These brief scenes from the Kansai, Kii Peninsula, and Fukui-ken areas complement other interviews and clips from 2018 and from 1998 at http://bit.ly/clips2018jp
Dec 13, 2018
Harrowing the rice paddy before winter sets in, preparing the ground for next spring's muddy transplanting
On the south side of Echizen city center, not far from the river levee road along the west bank of the Hino River is a section of rice paddy that is still producing rice, even as new construction cuts into the rich land, year by year. Around lunchtime on this Friday a farmer puts his compact tractor into the field and churns the soil before the freezing temperatures of winter come. Others wait until things again become soft in the spring before doing this step in the rice growing cycle.

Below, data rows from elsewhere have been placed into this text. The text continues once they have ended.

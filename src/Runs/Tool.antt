-- ===== src/Runs/Tool.antt =====
-- Runs of the host tool's commands on the small chip.
use mxfs.Base.{ℕ, ◌*◌, ◌<◌, ◌≡◌, [], ◌∷◌, arith, replicate, take, length-replicate}
use mxfs.Instance.{page_size, page_count, block_count}
use mxfs.Driver.{blank}
use mxfs.Outcome.{returns}
use mxfs.Nand.Waits.{Ends}
use mxfs.Read.{read_loop, read_fuel}
use mxfs.Format.{format_command, check_command, config_command}
use mxfs.Format.Formatted.{BlankBelow, format_command-Ends}
use mxfs.Format.Config.{config_command-read_loop}
use mxfs.Runs.Device.{blank_page}
use mxfs.Runs.Pi.{pi, pi-IsFlash, pi-IsTimed, idle}

format_command-Ends_example :
    Ends
      (λ (st, cmd, s).
        ((m : ℕ)
          → m < block_count * page_count
          → take page_size (((pi-IsFlash 1000).content s).cell m) ≡ blank)
        × Ends
            (BlankBelow pi 10 (pi-IsFlash 1000) pi-IsTimed block_count)
            (check_command pi 30 cmd s))
      (format_command pi 30 (replicate 2112 0) idle)
format_command-Ends_example =
    format_command-Ends pi 10 (pi-IsFlash 1000) pi-IsTimed (replicate 2112 0) idle
      (omega (arith, length-replicate {A = ℕ} 2112 0))

config_command-read_loop_example :
    Ends
      (λ s.
        read_loop 6 512 (take page_size (((pi-IsFlash 1000).content s).cell 0)) read_fuel 0 []
        ≡ returns (0x7b ∷ (0x7d ∷ [])))
      (config_command pi 50 (0x7b ∷ (0x7d ∷ [])) idle)
unfolding pi-IsFlash
config_command-read_loop_example =
    config_command-read_loop pi 10 (pi-IsFlash 1000) pi-IsTimed (0x7b ∷ (0x7d ∷ [])) 512 idle
      (omega arith) (omega arith) (omega arith) blank_page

Until 2019 or so the many part-time farming families have been enjoying subsidies to produce rice year after year, but bigger rice fields, bigger equipment, better crop varieties, and decreasing per person rice consumption (indeed the aggregate national population is decreasing) result in excess grain. So the subsidy will begin to go away, in effect making the return on one's labor, time, and equipment debts, become too much to carry on the livelihood in the paddy fields in many cases. And with the average age of growers something like 60 or older, with few younger people learning the skills needed to plan and carry out production, perhaps this national strategy to cut down home-grown food makes sense.